O retalho online vai fidelizando cada vez mais consumidores, mas as lojas físicas têm caminho a fazer e oportunidades.

Um recente estudo em Portugal do DPDgroup e-shopper 2019, realizado em conjunto com a GfK, concluiu que cerca de 33% dos e-shoppers regulares compram online mensalmente. Geram 81% do volume deste tipo de compras, ainda que o e-commerce represente apenas 9,8% do total de compras no país, valor inferior à média europeia, situada em 13,5%

Por sua vez, os produtos mais comprados são relacionados com a moda (62%), beleza/saúde (37%) e livros (36%). Grande parte destas compras são feitas cross-border, representando a China 70% das destas compras, principalmente através da Alibaba, seguida da Espanha (61%) e Reino Unido (50%) através da Amazon.

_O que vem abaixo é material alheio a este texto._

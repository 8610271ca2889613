-- ===== src/Admin/Service.antt =====
-- The endpoints of app/api/admin.py. The identifiers of new rows and the temporary password are random
-- values of the call; `hash_password` is that of bcrypt. A call of Redis or of the vector database that
-- raises ends the request in the source and is not modelled.
use agentic_rag_claude_code.Prelude.{
  ℕ, Bool, true, false, not, ◌&&◌, Option, none, some, List, [], ◌∷◌, Text, text_eq, take, is_some,
  ltb, get_or_else, filter_by, find_if, ◌==◌, if◌then◌else◌, Result, ok, raise,
}
use agentic_rag_claude_code.Settings.{Settings}
use agentic_rag_claude_code.Characters.{CharTable}
use agentic_rag_claude_code.Access.Rbac.{
  User, Collection, AccessLevel, Permission, same_resource, same_principal, collection,
}
use agentic_rag_claude_code.Auth.Tokens.{KeyStore, bump_session_epoch}
use agentic_rag_claude_code.Auth.Requests.{find_user}
use agentic_rag_claude_code.Cache.Stores.{Points, Tags, Tag, coll, doc}
use agentic_rag_claude_code.Cache.Semantic.{invalidate_document, invalidate_collection}
use agentic_rag_claude_code.Admin.State.{
  Department, AuditAction, admin_action, permission_change, AuditLog, State, AdminError,
  department_exists, unknown_department, email_registered, permission_exists, user_not_found,
  permission_not_found, UserCreate, UserUpdate, PermissionCreate,
}

abbrev pub has_name : Text → Department → Bool
has_name name d = text_eq d.name name

abbrev pub has_email : Text → User → Bool
has_email email u = text_eq u.email email

-- No department is given, or one that exists.
abbrev pub knows_department : Option ℕ → List Department → Bool
knows_department none ds = true
knows_department (some i) ds = is_some (find_if (λ (d : Department). d.id == i) ds)

-- the unique columns of a permission
abbrev pub same_grant : PermissionCreate → Permission → Bool
same_grant body p =
    same_principal p.principal_type body.principal_type
    && p.principal_id == body.principal_id
    && same_resource p.resource_type body.resource_type
    && p.resource_id == body.resource_id

-- The row of this id with its new columns.
abbrev pub update_user_row : (User → User) → ℕ → List User → List User
update_user_row f i [] = []
update_user_row f i (u ∷ us) =
    let rest = update_user_row f i us in if u.id == i then f u ∷ us else u ∷ rest

abbrev pub set_level : AccessLevel → ℕ → List Permission → List Permission
set_level level i [] = []
set_level level i (p ∷ ps) =
    let rest = set_level level i ps in
    if p.id == i then record p { access_level = level } ∷ ps else p ∷ rest

abbrev pub find_permission : ℕ → List Permission → Option Permission
find_permission i ps = find_if (λ (p : Permission). p.id == i) ps

-- department_id is written where it is given
abbrev pub or_old : Option ℕ → Option ℕ → Option ℕ
or_old none old = old
or_old (some i) old = some i

abbrev pub updated : UserUpdate → User → User
updated body u = record u {
  role = get_or_else body.role u.role;
  department_id = or_old body.department_id u.department_id;
  is_active = get_or_else body.is_active u.is_active;
}

abbrev pub is_suspended : Option Bool → Bool → Bool
is_suspended none active = false
is_suspended (some given) active = active && not given

-- _invalidate_for_permission
abbrev pub tag_of : Permission → Tag
tag_of p =
    if same_resource p.resource_type collection then coll p.resource_id else doc p.resource_id

module _ (keys : KeyStore) (points : Points) (tags : Tags) (sha256 : List ℕ → ℕ) (table : CharTable)
    (s : Settings) (hash_password : Text → Text) where
  abbrev pub Admin : Type 0
  Admin = State keys points tags

  abbrev pub record_audit : AuditAction → User → ℕ → Admin → Admin
  record_audit action admin i w = record w {
    audit = record { action = action; user_id = admin.id; resource_id = i } ∷ w.audit;
  }

  unfoldable pub create_department : ℕ → Text → User → Admin → Result AdminError Department × Admin
  create_department id name admin w =
      let dept : Department = record { id = id; name = name } in
      if is_some (find_if (has_name name) w.departments) then (raise department_exists, w) else (
        ok dept,
        record_audit admin_action admin id (record w { departments = dept ∷ w.departments }),
      )

  unfoldable pub create_user : ℕ → UserCreate → User → Admin → Result AdminError User × Admin
  create_user id body admin w =
      let u : User = record {
        id = id;
        role = body.role;
        department_id = body.department_id;
        is_active = true;
        email = body.email;
        hashed_password = hash_password body.password;
      } in
      if not (knows_department body.department_id w.departments)
      then (raise unknown_department, w)
      else if is_some (find_if (has_email body.email) w.users)
      then (raise email_registered, w)
      else (ok u, record_audit admin_action admin id (record w { users = u ∷ w.users }))

  unfoldable pub create_collection :
      ℕ → Text → Option ℕ → User → Admin → Result AdminError Collection × Admin
  create_collection id name department_id admin w =
      let c : Collection = record { id = id; name = name; department_id = department_id } in
      if not (knows_department department_id w.departments)
      then (raise unknown_department, w)
      else (
        ok c,
        record_audit admin_action admin id
            (record w { tables = record w.tables { collections = c ∷ w.tables.collections } }),
      )

  unfoldable pub grant_permission :
      ℕ → PermissionCreate → User → Admin → Result AdminError Permission × Admin
  grant_permission id body admin w =
      let p : Permission = record {
        id = id;
        resource_type = body.resource_type;
        resource_id = body.resource_id;
        principal_type = body.principal_type;
        principal_id = body.principal_id;
        access_level = body.access_level;
      } in
      if is_some (find_if (same_grant body) w.tables.permissions)
      then (raise permission_exists, w)
      else (
        ok p,
        record_audit permission_change admin body.resource_id
            (record w { tables = record w.tables { permissions = p ∷ w.tables.permissions } }),
      )

  -- the newest rows
  unfoldable pub list_audit_logs : ℕ → Admin → List AuditLog
  list_audit_logs limit w = take (if ltb 500 limit then 500 else limit) w.audit

  unfoldable pub update_user : ℕ → ℕ → UserUpdate → User → Admin → Result AdminError User × Admin
  unfolding bump_session_epoch
  update_user now i body admin w = elim (find_user i w.users) [
    | none ↦ (raise user_not_found, w)
    | some u ↦
        let store =
          if is_suspended body.is_active u.is_active
          then bump_session_epoch keys now i w.store
          else w.store in
        (
          ok (updated body u),
          record_audit admin_action admin i
              (record w { users = update_user_row (updated body) i w.users; store = store }),
        )
  ]

  unfoldable pub revoke_sessions : ℕ → ℕ → User → Admin → Result AdminError (Unit {0}) × Admin
  unfolding bump_session_epoch
  revoke_sessions now i admin w = elim (find_user i w.users) [
    | none ↦ (raise user_not_found, w)
    | some u ↦ (
      ok tt,
      record_audit admin_action admin i
          (record w { store = bump_session_epoch keys now i w.store }),
    )
  ]

  unfoldable pub reset_credential : ℕ → ℕ → Text → User → Admin → Result AdminError Text × Admin
  unfolding bump_session_epoch
  reset_credential now i temp admin w = elim (find_user i w.users) [
    | none ↦ (raise user_not_found, w)
    | some u ↦ (
      ok temp,
      record_audit admin_action admin i (record w {
        users =
            update_user_row (λ (u : User). record u { hashed_password = hash_password temp }) i
              w.users;
        store = bump_session_epoch keys now i w.store;
      }),
    )
  ]

  unfoldable pub invalidate_for_permission : Permission → Admin → Admin
  unfolding invalidate_document invalidate_collection
  invalidate_for_permission p w = record w {
    cache =
        if same_resource p.resource_type collection
        then (invalidate_collection points tags sha256 table s p.resource_id w.cache).1
        else (invalidate_document points tags sha256 table s p.resource_id w.cache).1;
  }

  unfoldable pub edit_permission :
      ℕ → AccessLevel → User → Admin → Result AdminError Permission × Admin
  unfolding invalidate_for_permission
  edit_permission i level admin w = elim (find_permission i w.tables.permissions) [
    | none ↦ (raise permission_not_found, w)
    | some p ↦ (
      ok (record p { access_level = level }),
      record_audit permission_change admin p.resource_id (
          invalidate_for_permission p (record w {
            tables = record w.tables { permissions = set_level level i w.tables.permissions };
          })),
    )
  ]

  unfoldable pub revoke_permission : ℕ → User → Admin → Result AdminError (Unit {0}) × Admin
  unfolding invalidate_for_permission
  revoke_permission i admin w = elim (find_permission i w.tables.permissions) [
    | none ↦ (raise permission_not_found, w)
    | some p ↦
        let cleared =
          record_audit permission_change admin p.resource_id (invalidate_for_permission p w) in
        (
          ok tt,
          record cleared {
            tables = record w.tables {
              permissions = filter_by (λ (p : Permission). not (p.id == i)) w.tables.permissions;
            };
          },
        )
  ]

A experiência de compra online é ainda considerada muito positiva para os e-shoppers regulares portugueses, uma vez que avaliam 85% das suas últimas experiências de compra como fáceis e positivas.

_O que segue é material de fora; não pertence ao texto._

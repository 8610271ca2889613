-- ===== src/Admin/Revocation.antt =====
-- What the revocation of a permission in app/api/admin.py leaves.
use agentic_rag_claude_code.Prelude.{
  ℕ, ◌≡◌, ◌≢◌, refl, ap, subst, ◌∙◌, Bool, true, false, not, Option, none, some, List, [], ◌∷◌,
  Text, In, filter_by, find_if-filter_by, In-filter_by_sound, ◌==◌, ==_iff, arith, if◌then◌else◌,
  Result, ok, raise, inl,
}
use agentic_rag_claude_code.Settings.{Settings}
use agentic_rag_claude_code.Characters.{CharTable}
use agentic_rag_claude_code.Access.Rbac.{
  User, Permission, ResourceType, same_resource, collection, Tables, accessible_collection_ids,
}
use agentic_rag_claude_code.Access.Readable.{
  Granted, to_user, to_department, Readable, as_admin, by_department, by_grant,
  accessible_collection_ids_iff,
}
use agentic_rag_claude_code.Auth.Tokens.{KeyStore}
use agentic_rag_claude_code.Cache.Stores.{Points, Tags, Tag, coll, doc}
use agentic_rag_claude_code.Cache.Semantic.{invalidate_document, invalidate_collection, evict}
use agentic_rag_claude_code.Cache.Tagged.{IsTagged}
use agentic_rag_claude_code.Cache.History.{IsGone, evict-IsGone}
use agentic_rag_claude_code.Admin.State.{AdminError, permission_change, permission_not_found}
use agentic_rag_claude_code.Admin.Service.{
  Admin, find_permission, tag_of, record_audit, invalidate_for_permission, revoke_permission,
}

abbrev kept : ℕ → List Permission → List Permission
kept i ps = filter_by (λ (p : Permission). not (p.id == i)) ps

find_permission-kept : (i : ℕ) (ps : List Permission) → find_permission i (kept i ps) ≡ none
find_permission-kept i [] = refl
find_permission-kept i (p ∷ ps) = which (p.id == i) refl (find_permission-kept i ps)
  where
    which :
        (b : Bool)
        → (p.id == i) ≡ b
        → find_permission i (kept i ps) ≡ none
        → find_permission i (if not b then p ∷ kept i ps else kept i ps) ≡ none
    which true e ih = ih
    which false e ih = ap (λ b. if b then some p else find_permission i (kept i ps)) e ∙ ih

find_permission-other :
    (i j : ℕ) (ps : List Permission) → j ≢ i → find_permission j (kept i ps) ≡ find_permission j ps
find_permission-other i j ps n =
    find_if-filter_by (λ (p : Permission). p.id == j) (λ (p : Permission). not (p.id == i)) ps
      (λ p h. other p.id h)
  where
    other : (k : ℕ) → (k == j) ≡ true → not (k == i) ≡ true
    other k h = ground (arith, ==_iff k j, ==_iff k i)

-- On what a collection stays readable without the permission i: no permission at all, or another one alone.
pub data Basis (i : ℕ) (db : Tables) (u : User) (c : ℕ) : Type 0 where
  no_permission : Readable (record db { permissions = [] }) u c → Basis i db u c
  another :
      (q : Permission)
      → In q db.permissions
      → q.id ≢ i
      → Readable (record db { permissions = q ∷ [] }) u c
      → Basis i db u c

other_id : (i j : ℕ) → not (j == i) ≡ true → j ≢ i
other_id i j h e = absurd (cc (h, (==_iff j i).1 e))

kept-Basis :
    (i : ℕ) (db : Tables) (u : User) (c : ℕ)
    → Readable (record db { permissions = kept i db.permissions }) u c
    → Basis i db u c
kept-Basis i db u c (as_admin k a m e) = no_permission (as_admin k a m e)
kept-Basis i db u c (by_department a o) = no_permission (by_department a o)
kept-Basis i db u c (by_grant a (to_user q m g)) =
    let n = In-filter_by_sound (λ (p : Permission). not (p.id == i)) q db.permissions m in
    another q n.0 (other_id i q.id n.1) (by_grant a (to_user q (inl refl) g))
kept-Basis i db u c (by_grant a (to_department q d o m g)) =
    let n = In-filter_by_sound (λ (p : Permission). not (p.id == i)) q db.permissions m in
    another q n.0 (other_id i q.id n.1) (by_grant a (to_department q d o (inl refl) g))

module _ (keys : KeyStore) (points : Points) (tags : Tags) (sha256 : List ℕ → ℕ) (table : CharTable)
    (s : Settings) (hash_password : Text → Text) where
  abbrev Server : Type 0
  Server = Admin keys points tags sha256 table s hash_password

  -- The permission p is gone and with it every cached answer that used its resource; the other
  -- permissions stand, and no user may read a collection that the user could not read before.
  pub record IsRevoked (i : ℕ) (w w' : Server) : Type 0 where
    pub permission : Permission
    pub found : find_permission i w.tables.permissions ≡ some permission
    pub gone : find_permission i w'.tables.permissions ≡ none
    pub others :
        (j : ℕ)
        → j ≢ i
        → find_permission j w'.tables.permissions ≡ find_permission j w.tables.permissions
    pub no_answer : IsGone points tags (tag_of permission) w'.cache
    pub no_gain :
        (u : User) (c : ℕ)
        → In c (accessible_collection_ids w'.tables u)
        → In c (accessible_collection_ids w.tables u)
    pub basis :
        (u : User) (c : ℕ) → In c (accessible_collection_ids w'.tables u) → Basis i w.tables u c

  invalidate-IsGone :
      (p : Permission) (w : Server)
      → IsTagged points tags (tag_of p) w.cache
      → IsGone points tags
          (tag_of p)
          (invalidate_for_permission keys points tags sha256 table s hash_password p w).cache
  unfolding invalidate_for_permission invalidate_document invalidate_collection
  invalidate-IsGone p w = which (same_resource p.resource_type collection)
    where
      which :
          (b : Bool)
          → IsTagged points tags (if b then coll p.resource_id else doc p.resource_id) w.cache
          → IsGone points tags (if b then coll p.resource_id else doc p.resource_id) (
              if b
              then (evict points tags sha256 table s (coll p.resource_id) w.cache).1
              else (evict points tags sha256 table s (doc p.resource_id) w.cache).1)
      which true h = evict-IsGone points tags sha256 table s (coll p.resource_id) w.cache h
      which false h = evict-IsGone points tags sha256 table s (doc p.resource_id) w.cache h

  kept-Granted :
      (i : ℕ) (ps : List Permission) (u : ℕ) (o : Option ℕ) (r : ResourceType) (c : ℕ)
      → Granted (kept i ps) u o r c
      → Granted ps u o r c
  kept-Granted i ps u o r c (to_user p m g) =
      to_user p (In-filter_by_sound (λ (p : Permission). not (p.id == i)) p ps m).0 g
  kept-Granted i ps u o r c (to_department p d e m g) =
      to_department p d e (In-filter_by_sound (λ (p : Permission). not (p.id == i)) p ps m).0 g

  kept-Readable :
      (i : ℕ) (db : Tables) (u : User) (c : ℕ)
      → Readable (record db { permissions = kept i db.permissions }) u c
      → Readable db u c
  kept-Readable i db u c (as_admin k a m e) = as_admin k a m e
  kept-Readable i db u c (by_department a o) = by_department a o
  kept-Readable i db u c (by_grant a g) =
      by_grant a (kept-Granted i db.permissions u.id u.department_id collection c g)

  -- A permission that is revoked is gone, and so is every cached answer that used its resource; the other
  -- permissions stand. No user may read a collection that the user could not read before, and who may
  -- still read one may do so without any permission, or by another permission alone. The cache is taken
  -- to have each entry in the sets of what it used, as its operations leave it where the tags get
  -- written.
  pub revoke_permission-IsRevoked :
      (i : ℕ) (admin : User) (w w' : Server)
      → ((t : Tag) → IsTagged points tags t w.cache)
      → revoke_permission keys points tags sha256 table s hash_password i admin w ≡ (ok tt, w')
      → IsRevoked i w w'
  unfolding revoke_permission
  revoke_permission-IsRevoked i admin w w' h e =
      which (find_permission i w.tables.permissions) refl e
    where
      cleared : Permission → Server
      cleared p =
          record_audit keys points tags sha256 table s hash_password permission_change admin
            p.resource_id
            (invalidate_for_permission keys points tags sha256 table s hash_password p w)

      after : Permission → Server
      after p = record (cleared p) {
        tables = record w.tables { permissions = kept i w.tables.permissions };
      }

      revoked :
          (p : Permission)
          → find_permission i w.tables.permissions ≡ some p
          → IsRevoked i w (after p)
      revoked p f = record {
        permission = p;
        found = f;
        gone = find_permission-kept i w.tables.permissions;
        others = λ j n. find_permission-other i j w.tables.permissions n;
        no_answer = invalidate-IsGone p w (h (tag_of p));
        no_gain = λ u c m. (accessible_collection_ids_iff w.tables u c).1 (
            kept-Readable i w.tables u c (
              (accessible_collection_ids_iff
                  (record w.tables { permissions = kept i w.tables.permissions }) u c).0
                m));
        basis = λ u c m. kept-Basis i w.tables u c (
            (accessible_collection_ids_iff
                (record w.tables { permissions = kept i w.tables.permissions }) u c).0
              m);
      }

      which :
          (o : Option Permission)
          → find_permission i w.tables.permissions ≡ o
          → ◌≡◌ {A = Result AdminError (Unit {0}) × Server}
              (elim o [ none ↦ (raise permission_not_found, w) | some p ↦ (ok tt, after p) ])
              (ok tt, w')
          → IsRevoked i w w'
      which none f k = absurd (cc (ap (λ (r : Result AdminError (Unit {0}) × Server). r.0) k))
      which (some p) f k =
          subst (IsRevoked i w) (ap (λ (r : Result AdminError (Unit {0}) × Server). r.1) k)
            (revoked p f)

Desta forma, não só em Portugal, mas um pouco por todo o mundo, o retalho online vai fidelizando cada vez mais consumidores, aperfeiçoando a sua experiência de compra e aumentando a sua quota de mercado relativamente ao offline.

Por outro lado, não podemos esquecer as circunstâncias relacionadas com as novas epidemias, como o atual novo coronavírus cujas consequências, quer na China e Itália quer noutros países, em termos de crescimento de compras à distância, por força do receio de frequentar espaços públicos como são as lojas, ainda está muito longe de apurar.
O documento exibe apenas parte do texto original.